The report also cites evidence that a representative of Germany's DaimlerChrysler signed a secret agreement to pay Iraq $7,000 for an armored Mercedes van valued at about $70,000. The price paid into a U.N.-controlled bank account was inflated to cover the cost of the kickback, the report says.

The company told the Volcker committee that its representative could not remember signing the agreement and was confused about the U.N. rules banning such fees. DaimlerChrysler told the Associated Press it could not comment because of investigations by the SEC and the Justice Department.

The report also sharply criticizes BNP-Paribas, a Paris-based bank that managed billions of dollars in funds for the U.N. program, saying it had divided its "loyalties" by representing many of Iraq's major traders. The bank often disguised the role of its clients, including Marc Rich & Co. Investment AG, by using shell companies to trade with Iraq, according to the report.

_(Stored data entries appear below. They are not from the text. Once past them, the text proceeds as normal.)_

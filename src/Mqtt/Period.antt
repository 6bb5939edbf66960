-- ===== src/Mqtt/Period.antt =====
-- src/MQTTHandler.cpp: how often the state is published.
use text.Mathlib.Text.{◌==◌}
use byte_waterlevel.Prelude.{
  ℕ, ◌+◌, ◌*◌, ◌≤◌, ◌<◌, ◌≡◌, refl, List, [], ◌∷◌, ◌++◌, arith, Bool-cases, inl, inr, if◌then◌else◌,
}
use byte_waterlevel.Prelude.Words.{u32_mod, add32, sub32}
use byte_waterlevel.Json.{JsonLib, is_empty}
use byte_waterlevel.Device.State.{Device}
use byte_waterlevel.Automation.{Automation}
use byte_waterlevel.Mqtt.Polls.{Poll, polls, waits, polls-rate}
use byte_waterlevel.Mqtt.{Call, publish, Mqtt, setup_calls, setup, state_calls, loop}

module _ {F : Type 0} where
  -- How often a topic is published.
  unfoldable pub publications : List (Call F) → ℕ
  publications [] = 0
  publications (publish topic _ _ _ ∷ rest) =
      (if topic == "waterlevel/level" then 1 else 0) + publications rest
  publications (_ ∷ rest) = publications rest

  publications-append :
      (xs ys : List (Call F)) → publications (xs ++ ys) ≡ publications xs + publications ys
  unfolding publications
  publications-append [] ys = omega arith
  publications-append (publish topic _ _ _ ∷ rest) ys = omega (arith, publications-append rest ys)
  publications-append (_ ∷ rest) ys = publications-append rest ys

  publications-state_calls :
      (now : ℕ) (a : Automation F) (d : Device F) → publications (state_calls now a d) ≡ 1
  unfolding publications state_calls
  publications-state_calls now a d = refl

  module _ (J : JsonLib F) where
    publications-setup_calls : (mqtt : J.Json) → publications (setup_calls J mqtt) ≡ 0
    unfolding publications setup_calls
    publications-setup_calls mqtt =
        elim (Bool-cases (is_empty (J.as_string (J.member mqtt "user")))) [
          | inl e ↦ rw e
          | inr e ↦ rw e
        ]

    publications_step :
        (config : J.Json) (now : ℕ) (p : Poll F) (m : Mqtt F)
        → now < u32_mod
        → m.previous_millis < u32_mod
        → let t = add32 now p.wait in
          let m' = loop J t p.connected config p.auto p.device m in
          (publications m'.calls * 1000 + sub32 t m'.previous_millis
            ≤ publications m.calls * 1000 + sub32 now m.previous_millis + p.wait)
          × (m'.previous_millis < u32_mod)
    unfolding loop setup
    publications_step config now p m h q =
        let t = add32 now p.wait in
        ground (
          arith,
          publications-append m.calls (state_calls t p.auto p.device),
          publications-state_calls t p.auto p.device,
          publications-append m.calls (setup_calls J (J.member config "mqtt")),
          publications-setup_calls (J.member config "mqtt"),
        )

    -- Whatever the polls of an MQTT client meet, it publishes the level at most once in a second,
    -- counted from its last publication; the clock and the time of that are below 2 ^ 32.
    pub publications-polls-le :
        (now : ℕ) (config : J.Json) (ps : List (Poll F)) (m : Mqtt F)
        → now < u32_mod
        → m.previous_millis < u32_mod
        → publications (polls J now config ps m).calls * 1000
          ≤ publications m.calls * 1000 + sub32 now m.previous_millis + waits ps
    publications-polls-le now config ps m p q =
        polls-rate J config (λ n. publications n.calls) (λ n. n.previous_millis) 1000
          (publications_step config) now ps m p q
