-- ===== src/Mqtt/Reconnect.antt =====
-- src/MQTTHandler.cpp: how often the client connects.
use byte_waterlevel.Prelude.{
  ℕ, ◌+◌, ◌*◌, ◌≤◌, ◌<◌, ◌≡◌, refl, Bool, List, [], ◌∷◌, ◌++◌, arith, suc, Bool-cases, inl, inr,
}
use byte_waterlevel.Prelude.Words.{u32_mod, add32, sub32}
use byte_waterlevel.Json.{JsonLib, is_empty}
use byte_waterlevel.Automation.{Automation}
use byte_waterlevel.Device.State.{Device}
use byte_waterlevel.Mqtt.Polls.{Poll, polls, waits, polls-rate}
use byte_waterlevel.Mqtt.{Call, connect, Mqtt, setup_calls, state_calls, loop}

module _ {F : Type 0} where
  unfoldable pub connects : List (Call F) → ℕ
  connects [] = 0
  connects (connect ∷ rest) = suc (connects rest)
  connects (_ ∷ rest) = connects rest

  connects-append : (xs ys : List (Call F)) → connects (xs ++ ys) ≡ connects xs + connects ys
  unfolding connects
  connects-append [] ys = omega arith
  connects-append (connect ∷ rest) ys = omega (arith, connects-append rest ys)
  connects-append (_ ∷ rest) ys = omega (arith, connects-append rest ys)

  connects-state_calls :
      (now : ℕ) (a : Automation F) (d : Device F) → connects (state_calls now a d) ≡ 0
  unfolding connects state_calls
  connects-state_calls now a d = refl

  module _ (J : JsonLib F) where
    connects-setup_calls : (mqtt : J.Json) → connects (setup_calls J mqtt) ≡ 1
    unfolding connects setup_calls
    connects-setup_calls mqtt = elim (Bool-cases (is_empty (J.as_string (J.member mqtt "user")))) [
      | inl e ↦ rw e
      | inr e ↦ rw e
    ]

    -- One pass: a new connection uses up more than five seconds since the last attempt.
    connects_step :
        (now k : ℕ) (connected : Bool) (config : J.Json) (a : Automation F) (d : Device F)
        (m : Mqtt F)
        → now < u32_mod
        → m.reconnect < u32_mod
        → let t = add32 now k in
          let m' = loop J t connected config a d m in
          (connects m'.calls * 5001 + sub32 t m'.reconnect
            ≤ connects m.calls * 5001 + sub32 now m.reconnect + k)
          × (m'.reconnect < u32_mod)
    unfolding loop
    connects_step now k connected config a d m p q = ground (
      arith,
      connects-append m.calls (state_calls (add32 now k) a d),
      connects-state_calls (add32 now k) a d,
      connects-append m.calls (setup_calls J (J.member config "mqtt")),
      connects-setup_calls (J.member config "mqtt"),
    )

    -- Whatever the polls of an MQTT client meet, it connects at most once in 5001 milliseconds,
    -- counted from its last attempt; the clock and the time of the attempt are below 2 ^ 32.
    pub connects-polls-le :
        (now : ℕ) (config : J.Json) (ps : List (Poll F)) (m : Mqtt F)
        → now < u32_mod
        → m.reconnect < u32_mod
        → connects (polls J now config ps m).calls * 5001
          ≤ connects m.calls * 5001 + sub32 now m.reconnect + waits ps
    connects-polls-le now config ps m p q =
        polls-rate J config (λ n. connects n.calls) (λ n. n.reconnect) 5001
          (λ t x n h k. connects_step t x.wait x.connected config x.auto x.device n h k) now ps m p
          q
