-- ===== src/Ota/Secured.antt =====
-- src/OTAHandler.cpp: the local update server and its password.
use byte_waterlevel.Prelude.{
  ◌≡◌, refl, Bool, true, false, ◌&&◌, List, [], ◌∷◌, ◌++◌, arith, Bool-cases, inl, inr,
}
use byte_waterlevel.Json.{JsonLib}
use byte_waterlevel.Ota.{Call, set_password, begin, handle, pull_handle, Ota, power_on, setup, loop}

-- The server begins only behind a `setPassword`, and is polled only once it has begun.
pub secured : (password begun : Bool) → List Call → Bool
secured password begun [] = true
secured password begun (set_password _ ∷ rest) = secured true begun rest
secured password begun (begin ∷ rest) = password && secured password true rest
secured password begun (handle ∷ rest) = begun && secured password begun rest
secured password begun (_ ∷ rest) = secured password begun rest

-- Whether the calls set a password, and whether they begin the server.
has_password : Bool → List Call → Bool
has_password b [] = b
has_password b (set_password _ ∷ rest) = has_password true rest
has_password b (_ ∷ rest) = has_password b rest

has_begun : Bool → List Call → Bool
has_begun b [] = b
has_begun b (begin ∷ rest) = has_begun true rest
has_begun b (_ ∷ rest) = has_begun b rest

secured-append :
    (xs ys : List Call) (p b : Bool)
    → secured p b (xs ++ ys) ≡ (secured p b xs && secured (has_password p xs) (has_begun b xs) ys)
unfolding secured has_password has_begun
secured-append [] ys p b = refl
secured-append (set_password _ ∷ xs) ys p b = secured-append xs ys true b
secured-append (begin ∷ xs) ys p b = ground (arith, secured-append xs ys p true)
secured-append (handle ∷ xs) ys p b = ground (arith, secured-append xs ys p b)
secured-append (_ ∷ xs) ys p b = secured-append xs ys p b

has_begun-append :
    (xs ys : List Call) (b : Bool) → has_begun b (xs ++ ys) ≡ has_begun (has_begun b xs) ys
unfolding has_begun
has_begun-append [] ys b = refl
has_begun-append (begin ∷ xs) ys b = has_begun-append xs ys true
has_begun-append (_ ∷ xs) ys b = has_begun-append xs ys b

-- The calls so far are secured, and the flag tells whether the server has begun.
record IsSecured (o : Ota) : Type 0 where
  in_order : secured false false o.calls ≡ true
  flag_true : has_begun false o.calls ≡ o.ota_enabled

-- The passes of the loop, each with whether Wi-Fi is connected.
pub passes : List Bool → Ota → Ota
passes [] o = o
passes (c ∷ cs) o = passes cs (loop c o)

loop-IsSecured : (c : Bool) (o : Ota) → IsSecured o → IsSecured (loop c o)
unfolding loop secured has_begun
loop-IsSecured c o s =
    let one = handle ∷ [] in
    let two = pull_handle ∷ [] in
    ground (
      arith,
      s,
      secured-append o.calls one false false,
      has_begun-append o.calls one false,
      secured-append (o.calls ++ one) two false false,
      has_begun-append (o.calls ++ one) two false,
      secured-append o.calls two false false,
      has_begun-append o.calls two false,
    )

passes-IsSecured : (cs : List Bool) (o : Ota) → IsSecured o → IsSecured (passes cs o)
unfolding passes
passes-IsSecured [] o s = s
passes-IsSecured (c ∷ cs) o s = passes-IsSecured cs (loop c o) (loop-IsSecured c o s)

module _ {F : Type 0} (J : JsonLib F) where
  setup-IsSecured :
      (config : J.Json)
      → J.as_bool (J.member (J.member config "admin") "state") ≡ true
      → IsSecured (setup J config power_on)
  unfolding setup secured has_begun
  setup-IsSecured config admin = elim (Bool-cases (J.as_bool (J.member config "ota"))) [
    | inl e ↦ record { in_order = rw (e, admin) refl; flag_true = rw (e, admin) refl }
    | inr e ↦ record { in_order = rw e refl; flag_true = rw e refl }
  ]

  -- With an administrator enabled, the local update server never begins without a password set before,
  -- and no pass of the loop polls it before it has begun, whatever the connection of Wi-Fi.
  pub secured-passes-setup :
      (config : J.Json) (cs : List Bool)
      → J.as_bool (J.member (J.member config "admin") "state") ≡ true
      → secured false false (passes cs (setup J config power_on)).calls ≡ true
  secured-passes-setup config cs admin =
      (passes-IsSecured cs (setup J config power_on) (setup-IsSecured config admin)).in_order
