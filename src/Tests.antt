-- ===== src/Tests.antt =====
-- Runs of the model, and the theorems at concrete inputs.
mod Data
mod Relays
mod Tasks
mod Sensors
mod Automation
mod Network
mod Files
mod Web
mod Firmware
mod Start
mod Storage
mod Matter
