-- ===== src/Tests/Data.antt =====
-- The inputs that the tests share: numbers are thousandths, documents trees.
use Prim.Native.String.{String}
use text.Mathlib.Text.{◌==◌}
use byte_waterlevel.Prelude.{ℕ, Bool, true, false, none, some, if◌then◌else◌}
use byte_waterlevel.Prelude.Int.{ℤ, pos}
use byte_waterlevel.Floats.Milli.{Milli, milli}
use byte_waterlevel.Json.{JsonLib}
use byte_waterlevel.Json.Tree.{Value, Fields, bool, int, str, float, object, end, field, tree}
use byte_waterlevel.Files.{Files, config_path}
use byte_waterlevel.Device.State.{Device, power_on as device_power_on}
use byte_waterlevel.Device.Loop.{DeviceTick}
use byte_waterlevel.Automation.{Automation, power_on as auto_power_on}
use byte_waterlevel.World.{World, power_on}
use byte_waterlevel.Web.{Ambient, Request}
use byte_waterlevel.Firmware.{Boot, Pass}

abbrev pub started : Device Milli
started = device_power_on milli

-- A tank that is half full, as the last scan cached it.
abbrev pub half_full : Device Milli
half_full = record started { latest_voltage = some 1200; scan_water_level = some 50_000 }

-- Filling from 20 to 80 percent, pumping above 10 percent.
abbrev pub both_modes : Automation Milli
both_modes = record (auto_power_on milli) {
  mode = pos 1;
  max_l = some 80_000;
  min_l = some 10_000;
  fill_l = some 20_000;
}

abbrev text_field : String → String → Fields → Fields
text_field k s rest = field k (str s) rest

abbrev pub client : Value
client = object (text_field "ssid" "home" (text_field "password" "secret" end))

abbrev pub access_point : Value
access_point = object (text_field "ssid" "waterlevel" (text_field "password" "secret" end))

abbrev broker : Value
broker =
    object
      (field "state" (bool true) (text_field "host" "broker" (field "port" (int (pos 1883)) end)))

abbrev pub administrator : Value
administrator =
    object (field "state" (bool true) (text_field "user" "admin" (text_field "password" "pw" end)))

abbrev modes : Value
modes = object (
    field "mode" (int (pos 1)) (
      field "max" (float (some 80_000))
        (field "min" (float (some 10_000)) (field "fill" (float (some 20_000)) end))))

abbrev pub open_config : Value
open_config = object (
    field "wifi" (object (field "client" client (field "ap" access_point end)))
      (field "mqtt" broker (field "auto" modes end)))

abbrev pub closed_config : Value
closed_config = object (field "admin" administrator end)

abbrev pub lib : JsonLib Milli
lib = tree open_config

abbrev pub flash_with : Value → Files Value
flash_with config = record {
  storage = λ p. if p == config_path then some "{}" else none;
  writable = true;
  config = config;
}

abbrev pub world_with : Value → World Milli Value
world_with config = power_on milli lib (flash_with config)

abbrev pub ambient : Ambient Milli
ambient = record {
  now = 1000;
  stray = 9;
  cpu_frequency = 160;
  rssi = some 0;
  mqtt_connected = false;
  wifi_connected = true;
  newer_firmware = false;
}

-- A request for a channel, a state and a duration in seconds.
abbrev pub relais_body : ℤ → Bool → ℤ → Value
relais_body channel state duration = object (
    text_field "type" "relais" (
      field "channel" (int channel)
        (field "state" (bool state) (field "duration" (int duration) end))))

abbrev pub asking : Value → Request Value
asking body = record { authenticate = λ _ _. false; body = body }

abbrev pub status_body : Value
status_body = object (text_field "type" "status" end)

abbrev pub boot_with : Bool → Boot
boot_with connected = record {
  reset_level = false;
  display_begun = false;
  joined = connected;
  connected = connected;
  wifi_time = 10;
  mqtt_time = 20;
}

abbrev tick_at : ℕ → DeviceTick Milli
tick_at now = record {
  blink_time = now;
  relais_time = now;
  scan_time = now;
  display_time = now;
  temperature = some 40_000;
  wifi_connected = false;
}

abbrev pub pass_at : ℕ → Pass Milli
pass_at now = record {
  device = tick_at now;
  wifi_time = now;
  wifi_connected = false;
  mqtt_time = now;
  mqtt_connected = false;
  wan_connected = false;
  auto_time = now;
}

The company, which was founded by Marc Rich, the billionaire oil trader who was pardoned by President Bill Clinton in 2000, allegedly paid kickbacks. The company has denied paying such bribes.

Several customers, including an Italian executive the firm knew was a money laundering suspect, channeled more than $10 million in illegal surcharges through the bank, the report alleges. "Although there is no evidence that BNP knew or approved of the use of its own facilities to pay illegal surcharges, BNP was uniquely positioned to probe such payments -- and failed to do so," the report says.

The Volcker report also says that anti-sanctions activists and U.N. bureaucrats, including the organization's former humanitarian coordinator in Iraq, Hans Von Sponeck, made money from the program. Von Sponeck, who resigned from his post to protest the sanctions policy, solicited financial contributions for his anti-sanctions activities from companies seeking business deals with Iraq, the report says. He was also paid for introducing German business executives to Iraqi officials, the report adds.

The Rev. Jean-Marie Benjamin, a Roman Catholic priest who served as an assistant in the early 1990s to the Vatican's secretary of state, received a $140,000 donation for his charity from a Swiss businessman, the report says. The businessman received rights to buy more than 2 million barrels of Iraqi oil after Benjamin, an outspoken critic of U.N. sanctions with ties to Iraq's leaders, assured Iraq's then-Deputy Prime Minister Tariq Aziz that he was a "good man," according to the report.

The Volcker report clears former U.N. secretary general Boutros Boutros-Ghali, whose relatives allegedly engaged in illicit oil trade, of allegations of wrongdoing. It says a review of Boutros-Ghali's and his wife's bank accounts provided no evidence that he received bribes.